Patients with borderline personality disorder (BPD) are characterized by marked impulsive behaviour. The impulsive response style of patients with BPD may be associated with diminished action monitoring, which can be investigated by measuring the error-related negativity (ERN). The ERN is an ERP component generated in the anterior cingulate cortex (ACC) following erroneous responses. Behavioural and ERP measurements were obtained during performance on a speeded two-choice reaction task in a group of patients with BPD (N = 12) and in a group of age-matched controls (N = 12). The ERP results showed that ERN amplitudes were reduced for patients with BPD, as were the P300 amplitudes after late feedback.
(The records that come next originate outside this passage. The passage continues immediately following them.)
-- ===== src/Database/Factory/Batch.antt =====
-- What a batch holds, and how far a failed one got.
use gin_di.Prelude.{
  ℕ, zero, suc, Action-cases, codes, List, [], ◌∷◌, ◌≡◌, refl, sym, ap, subst, ◌∙◌, ◌⊎◌, inl, inr,
  length, Result, ok, err, Result-cases, ok_inj, err_not_ok,
}
use gin_di.Database.Factory.{Factory, apply_states, make_from, make, save_all, create}
use gin_di.Http.Errors.{GoError, wrap}
use gin_di.Prelude.Int.{ℤ, pos, negsuc}

-- Instances built for consecutive sequence numbers, each with all states applied.
pub data Built {T : Type 0} (factory : Factory T) : ℕ → List T → Type 0 where
  none_left : {sequence : ℕ} → Built factory sequence []
  next_built :
      {sequence : ℕ} {instances : List T} (built : T)
      → factory.definition sequence ≡ ok built
      → Built factory (suc sequence) instances
      → Built factory sequence (apply_states factory.states built ∷ instances)

make_from-Built :
    {T : Type 0} (factory : Factory T) (sequence n : ℕ) (instances : List T)
    → make_from factory sequence n ≡ ok instances
    → Built factory sequence instances × (length instances ≡ n)
unfolding make_from
make_from-Built factory sequence zero instances h =
    subst (λ xs. Built factory sequence xs × (length xs ≡ 0)) (ok_inj h) (none_left, refl)
make_from-Built factory sequence (suc n) instances h =
    elim (Result-cases (factory.definition sequence)) [
      | inr (e, a) ↦ err_not_ok (rw (make_from, a) at h)
      | inl (built, a) ↦ elim (Result-cases (make_from factory (suc sequence) n)) [
        | inr (e, b) ↦ err_not_ok (rw (make_from, a, b) at h)
        | inl (rest, b) ↦
            let (tail, number) = make_from-Built factory (suc sequence) n rest b in
            subst (λ xs. Built factory sequence xs × (length xs ≡ suc n))
              (ok_inj (rw (make_from, a, b) at h)) (next_built built a tail, ap suc number)
      ]
    ]

-- A batch that is returned has the number of instances that was asked for, built for the sequence
-- numbers from 1 on, in their order, with all states applied to each in the order they were added.
pub make-Built :
    {T : Type 0} (factory : Factory T) (instances : List T)
    → make factory ≡ ok instances
    → Built factory 1 instances × (factory.count ≡ pos (length instances))
unfolding make
make-Built factory instances h = counted factory.count refl
  where
    counted :
        (c : ℤ)
        → factory.count ≡ c
        → Built factory 1 instances × (factory.count ≡ pos (length instances))
    counted (pos n) q =
        let (built, number) = make_from-Built factory 1 n instances (rw (make, q) at h) in
        (built, q ∙ ap pos (sym number))
    counted (negsuc n) q = err_not_ok (rw (make, q) at h)

module _ {T Db : Type 0} (save : T → Db → Db × Result GoError T) where
  -- Instances saved one after the other from one state to another.
  pub data Saves : Db → List T → Db → List T → Type 0 where
    no_more : {db : Db} → Saves db [] db []
    one_saved :
        {db after last : Db} {rest stored : List T} (instance_ with_id : T)
        → save instance_ db ≡ (after, ok with_id)
        → Saves after rest last stored
        → Saves db (instance_ ∷ rest) last (with_id ∷ stored)

  -- The instances before the one that failed are saved.
  pub data StopsAt : Db → List T → Db → GoError → Type 0 where
    failed_here :
        {db after : Db} {rest : List T} (instance_ : T) (e : GoError)
        → save instance_ db ≡ (after, err e)
        → StopsAt db (instance_ ∷ rest) after (wrap (codes "saving instance: ") e)
    failed_later :
        {db after last : Db} {rest : List T} {e : GoError} (instance_ with_id : T)
        → save instance_ db ≡ (after, ok with_id)
        → StopsAt after rest last e
        → StopsAt db (instance_ ∷ rest) last e

  save_all-outcome :
      (instances : List T) (db : Db)
      → ((last : Db) × (stored : List T) × (save_all save instances db ≡ (last, ok stored))
          × Saves db instances last stored)
        ⊎ ((last : Db) × (e : GoError) × (save_all save instances db ≡ (last, err e))
            × StopsAt db instances last e)
  unfolding save_all
  save_all-outcome [] db = inl (db, [], refl, no_more)
  save_all-outcome (instance_ ∷ rest) db = elim (Action-cases (save instance_ db)) [
    | inr (after, e, a) ↦ inr (
      after,
      wrap (codes "saving instance: ") e,
      rw (save_all, a) refl,
      failed_here instance_ e a,
    )
    | inl (after, with_id, a) ↦ elim (save_all-outcome rest after) [
      | inl (last, stored, b, s) ↦
          inl (last, with_id ∷ stored, rw (save_all, a, b) refl, one_saved instance_ with_id a s)
      | inr (last, e, b, s) ↦
          inr (last, e, rw (save_all, a, b) refl, failed_later instance_ with_id a s)
    ]
  ]

  -- Creating a batch either fails before anything is saved, or saves the built instances in their
  -- order, all of them or those before the first that fails, whose error is the one returned.
  pub create-outcome :
      (factory : Factory T) (db : Db)
      → ((e : GoError) × (make factory ≡ err e) × (create save factory db ≡ (db, err e)))
        ⊎ ((instances : List T) × (make factory ≡ ok instances)
            × (((last : Db) × (stored : List T) × (create save factory db ≡ (last, ok stored))
                  × Saves db instances last stored)
                ⊎ ((last : Db) × (e : GoError) × (create save factory db ≡ (last, err e))
                    × StopsAt db instances last e)))
  unfolding create
  create-outcome factory db = elim (Result-cases (make factory)) [
    | inr (e, a) ↦ inl (e, a, rw (create, a) refl)
    | inl (instances, a) ↦ inr (instances, a, rw (create, a) (save_all-outcome instances db))
  ]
The behavioural results confirmed a more impulsive response style for the BPD group, reflected in larger RT differences between correct and incorrect responses and in an increase in erroneous responses to the easy congruent stimuli. Additionally, analyses on post-error congruency effects demonstrated that controls adjusted their behaviour following errors, but patients with BPD did not. The attenuated ERNs indicate reduced action monitoring in patients with BPD. This suggests that the ACC, or the action-monitoring network it is part of, is not functioning optimally. Due to this reduced action monitoring, patients with BPD do not learn from their errors as well as controls. Consequently, they do not adjust their behaviour when necessary and thus maintain their impulsive response style.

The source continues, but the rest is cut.